[[ EXERCISE MATERIAL, beginning ]]

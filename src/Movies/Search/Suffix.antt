-- ===== src/Movies/Search/Suffix.antt =====
-- hw4_simple-movies-recommendation-system-lala-ju/lib.c: the suffix and the order of names.
use mathlib.Core.List.{
  Mem, Pairwise, Pairwise-cons, not-mem-nil, mem-cons_self, mem-cons_of_mem, map,
}
use system_programming_homew.Prelude.{ℕ, ◌<◌, ◌≡◌, refl, List, [], ◌∷◌, ◌++◌, arith}
use system_programming_homew.CString.{strcmp}
use system_programming_homew.Movies.Entry.{Entry, ranked}
use system_programming_homew.Movies.Select.{key, secret}
use system_programming_homew.Movies.Select.Choice.{IsBefore, IsBefore-cons}
use system_programming_homew.Movies.Merge.Order.{IsRanked}

-- All bytes are above the tab that the suffix begins with.
abbrev pub IsPlain : List ℕ → Type 0
IsPlain [] = Unit {0}
IsPlain (c ∷ cs) = (9 < c) × IsPlain cs

strcmp-suffix : (a b : List ℕ) → IsPlain a → IsPlain b → strcmp (a ++ key) (b ++ key) ≡ strcmp a b
unfolding strcmp
strcmp-suffix [] [] ha hb = refl
strcmp-suffix [] (d ∷ b) ha hb = ground (arith, hb.0)
strcmp-suffix (c ∷ a) [] ha hb = ground (arith, ha.0)
strcmp-suffix (c ∷ a) (d ∷ b) ha hb = rw (strcmp-suffix a b ha.1 hb.1)

secret-ranked :
    (a b : Entry) → IsPlain a.name → IsPlain b.name → ranked (secret a) (secret b) ≡ ranked a b
unfolding ranked
secret-ranked a b ha hb = rw (strcmp-suffix a.name b.name ha hb)

abbrev pub ArePlain : List Entry → Type 0
ArePlain es = (x : Entry) → Mem x es → IsPlain x.name

secret-IsBefore :
    (a : Entry) (es : List Entry)
    → IsPlain a.name
    → ArePlain es
    → IsBefore a es
    → IsBefore (secret a) (map secret es)
secret-IsBefore a [] ha h k = λ x m. absurd (not-mem-nil m)
secret-IsBefore a (b ∷ es) ha h k =
    IsBefore-cons (secret a) (secret b) (map secret es)
      (rw (secret-ranked a b ha (h b mem-cons_self)) (k b mem-cons_self))
      (secret-IsBefore a es ha (λ x m. h x (mem-cons_of_mem b m))
        (λ x m. k x (mem-cons_of_mem b m)))

pub secret-IsRanked : (es : List Entry) → ArePlain es → IsRanked es → IsRanked (map secret es)
secret-IsRanked [] h ranks = Pairwise.nil
secret-IsRanked (e ∷ es) h ranks =
    let (below, rest) = Pairwise-cons.0 ranks in
    let plain : ArePlain es = λ x m. h x (mem-cons_of_mem e m) in
    Pairwise.cons (secret-IsBefore e es (h e mem-cons_self) plain below)
      (secret-IsRanked es plain rest)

[[ EXERCISE MATERIAL, end ]]

EXERCISE GOAL:
Lines holding the word "antt" are the answer; copy every one from the records above.

SOLUTION TO THIS EXERCISE:
filename src/Movies/Search/Suffix.antt
-- ===== src/Movies/Search/Suffix.antt =====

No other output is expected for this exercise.